### Task to complete
I would like each line of the data that holds the word "abbrev" copied out.

── Excerpted data ──

-- ===== src/Record/Command/Tests.antt =====
-- Runs of record.py's commands on hosts that answer with fixed texts, and the theorems at them.
use millionws.Base.{
  ℕ, ◌*◌, ◌++◌, ◌≡◌, refl, false, Option, none, some, List, [], ◌∷◌, arith, if◌then◌else◌,
}
use millionws.Base.Int.{pos, ◌-ℤ◌, scale}
use millionws.Base.Text.{
  Text, codes, text_eq, starts_with, strip, split, splitlines, partition, contains, join,
}
use millionws.Base.Text.Integer.{decimal, int_of_text}
use millionws.Base.Dict.{lookup, insert, keys}
use millionws.Base.Sort.{sorted, insert_sorted, text_lt}
use millionws.Base.Sort.Increasing.{IsIncreasing}
use millionws.Base.Result.{ok, ◌>>=◌}
use millionws.Record.Number.{divide, num_sub}
use millionws.Record.Number.Thousandths.{thousandths, thousandths-IsFloat}
use millionws.Record.Parse.{Series, kv, docker_state, scrape_server, prom, prom_vector}
use millionws.Record.Sampler.{Host, Sample, Sampler, new_sampler, behind_colons, cpu_pct_of, sample}
use millionws.Record.Loop.{
  Args, Clock, ticks_per_second, no_growth, reason_text, run, run_loop, decide,
}
use millionws.Record.Summary.{
  Summary, write_summary, choose_peak, max_or_zero, is_live, is_oom_killed, count_errors,
  bytes_per_connection, average_cpu, per_conn,
}
use millionws.Record.Page.{error_items, error_list, grouped, page, idle_line}
use millionws.Record.Page.Errors.{error_items-write_summary}
use millionws.Record.Command.{written, sample_all, cmd_idle, cmd_run, finish}
use millionws.Record.Command.Cpu.{share, cmd_idle-share}
use millionws.Record.Command.Written.{Reports, cmd_run-Reports}
use millionws.Record.Command.Ends.{is_looping, cmd_run-ends}

abbrev number : ℕ → thousandths.Carrier
number n = thousandths.of_int (pos n)

abbrev blank : Sample thousandths
blank = record {
  t = number 0;
  state = codes "running false 0";
  server_conns = none;
  loadgen_conns = none;
  loadgen_target = none;
  cg_memory = none;
  cg_anon = none;
  cg_sock = none;
  cg_kernel = none;
  cg_slab = none;
  cg_percpu = none;
  cg_file = none;
  cg_peak = none;
  oom_kills = none;
  cpu_pct = none;
  pids = none;
  process_rss = none;
  go_heap_inuse = none;
  go_stack_inuse = none;
  goroutines = none;
  open_fds = none;
  dial_errors_15s = none;
  echo_rate = none;
  echo_p50_ms = none;
  echo_p99_ms = none;
  conntrack = none;
  rejected = none;
}

-- The clock of a round in which all readings are the same number of seconds.
abbrev clock : ℕ → Clock
clock s = record {
  at_best = ticks_per_second * s;
  at_reached = ticks_per_second * s;
  at_hold = ticks_per_second * s;
  at_plateau = ticks_per_second * s;
  at_limit = ticks_per_second * s;
}

-- A number of tenths.
abbrev tenth : ℕ → thousandths.Carrier
tenth n = thousandths.literal n 1

abbrev cgroup : Text
cgroup = codes "0::/box\n"

-- The files of a cgroup with 5000 bytes of memory and the given CPU time.
files : ℕ → Text → Option Text
unfolding text_eq
files usage path =
    if text_eq path (codes "/sys/fs/cgroup/box/memory.current")
    then some (codes "5000\n")
    else if text_eq path (codes "/sys/fs/cgroup/box/cpu.stat")
    then some (codes "usage_usec " ++ (decimal usage ++ codes "\n"))
    else none

-- A host with a number of connections, at a second.
abbrev host : ℕ → ℕ → ℕ → Host thousandths
host second usage conns = record {
  file = files usage;
  metrics_page = some (codes "millionws_connections_active " ++ decimal conns);
  query = λ q. none;
  conntrack_stdout = [];
  docker_stdout = codes "running false 0\n";
  time = number second;
  monotonic = number second;
}

abbrev sampled : ℕ → ℕ → Option thousandths.Carrier → Sample thousandths
sampled second conns pct = record blank {
  t = number second;
  server_conns = some (number conns);
  cg_memory = some (pos 5000);
  cpu_pct = pct;
}

new_box :
    new_sampler thousandths cgroup
    ≡ ok (record { cg = codes "/sys/fs/cgroup/box"; last_cpu = none })
unfolding new_sampler strip behind_colons starts_with
new_box = refl

sample_box :
    sample thousandths
      (host 2 500_000 40)
      (record { cg = codes "/sys/fs/cgroup/box"; last_cpu = some (pos 100_000, number 0) })
    ≡ ok (
      sampled 2 40 (some (number 20)),
      record { cg = codes "/sys/fs/cgroup/box"; last_cpu = some (pos 500_000, number 2) },
    )
unfolding sample thousandths files kv docker_state scrape_server cpu_pct_of strip splitlines split
    partition starts_with text_eq insert lookup int_of_text decimal prom divide scale ◌-ℤ◌
sample_box = refl

idle_run :
    cmd_idle thousandths cgroup (host 0 100_000 0) (host 2 500_000 0)
    ≡ ok (sampled 2 0 (some (number 20)), idle_line thousandths (sampled 2 0 (some (number 20))))
unfolding cmd_idle new_sampler behind_colons sample thousandths files kv docker_state scrape_server
    cpu_pct_of strip splitlines split partition starts_with text_eq insert lookup int_of_text
    decimal prom divide scale ◌-ℤ◌
idle_run = refl

cmd_idle-share_example :
    (sampled 2 0 (some (number 20))).cpu_pct
    ≡ some (share thousandths (pos 100_000, number 0) (pos 500_000, number 2))
unfolding files kv strip splitlines split text_eq insert lookup int_of_text decimal
cmd_idle-share_example =
    cmd_idle-share thousandths cgroup (host 0 100_000 0) (host 2 500_000 0)
      (record { cg = codes "/sys/fs/cgroup/box"; last_cpu = none }) (pos 100_000) (pos 500_000)
      new_box idle_run ((codes "usage_usec", pos 100_000) ∷ [], refl, refl)
      ((codes "usage_usec", pos 500_000) ∷ [], refl, refl)

abbrev args : Args
args = record { variant = codes "nbio"; hold = pos 2; plateau = pos 4; max = pos 8 }

abbrev hosts : List (Host thousandths × Clock)
hosts =
    (host 2 100_000 500, clock 2)
    ∷ (host 4 500_000 600, clock 4)
    ∷ (host 6 500_000 601, clock 6)
    ∷ (host 8 500_000 600, clock 8)
    ∷ []

abbrev run_rows : List (Sample thousandths)
run_rows =
    sampled 2 500 (some (number 5))
    ∷ sampled 4 600 (some (number 20))
    ∷ sampled 6 601 (some (number 0))
    ∷ sampled 8 600 (some (number 0))
    ∷ []

abbrev dial_errors : List Series
dial_errors =
    record { metric = (codes "reason", codes "timeout") ∷ []; value = codes "1200" }
    ∷ record { metric = (codes "reason", codes "refused") ∷ []; value = codes "7" }
    ∷ []

abbrev summary : Summary thousandths
summary = record {
  variant = codes "nbio";
  stop_reason = reason_text thousandths (no_growth (number 600) (pos 4));
  duration_s = pos 6;
  peak_connections = pos 600;
  loadgen_target = none;
  at_peak = sampled 8 600 (some (number 0));
  idle = sampled 2 0 (some (number 20));
  bytes_per_connection = record {
    cgroup_total = some (pos 0);
    cgroup_anon = none;
    kernel_sockets = none;
    kernel_other = none;
    kernel_slab = none;
    process_rss = none;
    go_heap = none;
  };
  cpu_pct_near_peak_avg = some (tenth 67);
  final_state = codes "running false 0";
  oom_killed = false;
  cgroup_memory_peak = pos 0;
  dial_errors_by_reason = (codes "timeout", pos 1200) ∷ (codes "refused", pos 7) ∷ [];
}

run_written :
    cmd_run thousandths args
      (ok (sampled 2 0 (some (number 20))))
      cgroup
      (host 0 0 0)
      0
      hosts
      (some dial_errors)
    ≡ written run_rows summary (page thousandths summary)
unfolding cmd_run sample_all new_sampler behind_colons sample thousandths files kv docker_state
    scrape_server cpu_pct_of strip splitlines split partition starts_with text_eq insert lookup
    int_of_text decimal prom divide scale ◌-ℤ◌ run run_loop decide write_summary choose_peak
    max_or_zero is_live is_oom_killed contains prom_vector count_errors bytes_per_connection
    average_cpu per_conn num_sub finish
run_written = refl

-- The run of the four rounds, with its time limit of eight seconds, and a round that is not taken.
cmd_run-ends_example :
    (is_looping thousandths (
        cmd_run thousandths args
          (ok (sampled 2 0 (some (number 20))))
          cgroup
          (host 0 0 0)
          0
          hosts
          (some dial_errors))
      ≡ false)
    × (cmd_run thousandths args
          (ok (sampled 2 0 (some (number 20))))
          cgroup
          (host 0 0 0)
          0
          (hosts ++ ((host 10 500_000 700, clock 10) ∷ []))
          (some dial_errors)
        ≡ cmd_run thousandths args
            (ok (sampled 2 0 (some (number 20))))
            cgroup
            (host 0 0 0)
            0
            hosts
            (some dial_errors))
cmd_run-ends_example =
    cmd_run-ends thousandths args (ok (sampled 2 0 (some (number 20)))) cgroup (host 0 0 0) 0 8
      hosts ((host 10 500_000 700, clock 10) ∷ []) (some dial_errors) refl (omega arith)
      (omega arith) (omega arith)

errors_listed : error_list summary.dial_errors_by_reason ≡ codes "refused 7, timeout 1,200"
unfolding error_list error_items grouped sorted insert_sorted text_lt text_eq join decimal
errors_listed = refl

cmd_run-Reports_example :
    (primed : Sample thousandths × Sampler thousandths) × (◌>>=◌
        (new_sampler thousandths cgroup)
        (sample thousandths (host 0 0 0))
      ≡ ok primed)
    × Reports thousandths args 0
        (sampled 2 0 (some (number 20)))
        run_rows
        summary
        (sample_all thousandths primed.1 hosts)
    × (page thousandths summary ≡ page thousandths summary)
unfolding is_live scrape_server thousandths splitlines partition text_eq insert lookup int_of_text
    decimal
cmd_run-Reports_example =
    cmd_run-Reports thousandths thousandths-IsFloat args (sampled 2 0 (some (number 20))) cgroup
      (host 0 0 0) 0 hosts (some dial_errors) (refl, (refl, (refl, (refl, tt)))) (ground arith)
      run_written

summary_made :
    write_summary thousandths args
      (sampled 2 0 (some (number 20)))
      run_rows
      summary.stop_reason
      (prom_vector thousandths (some dial_errors))
    ≡ ok summary
unfolding thousandths text_eq insert lookup int_of_text divide scale ◌-ℤ◌ write_summary choose_peak
    max_or_zero is_live is_oom_killed contains prom_vector count_errors bytes_per_connection
    average_cpu per_conn num_sub
summary_made = refl

error_items-write_summary_example :
    IsIncreasing (keys (error_items summary.dial_errors_by_reason))
    × ((reason : Text)
        → lookup reason (error_items summary.dial_errors_by_reason)
          ≡ lookup reason summary.dial_errors_by_reason)
error_items-write_summary_example =
    error_items-write_summary thousandths args (sampled 2 0 (some (number 20))) run_rows
      summary.stop_reason (prom_vector thousandths (some dial_errors)) summary_made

───

### Expected output
abbrev number : ℕ → thousandths.Carrier
abbrev blank : Sample thousandths
abbrev clock : ℕ → Clock
abbrev tenth : ℕ → thousandths.Carrier
abbrev cgroup : Text
abbrev host : ℕ → ℕ → ℕ → Host thousandths
abbrev sampled : ℕ → ℕ → Option thousandths.Carrier → Sample thousandths
abbrev args : Args
abbrev hosts : List (Host thousandths × Clock)
abbrev run_rows : List (Sample thousandths)
abbrev dial_errors : List Series
abbrev summary : Summary thousandths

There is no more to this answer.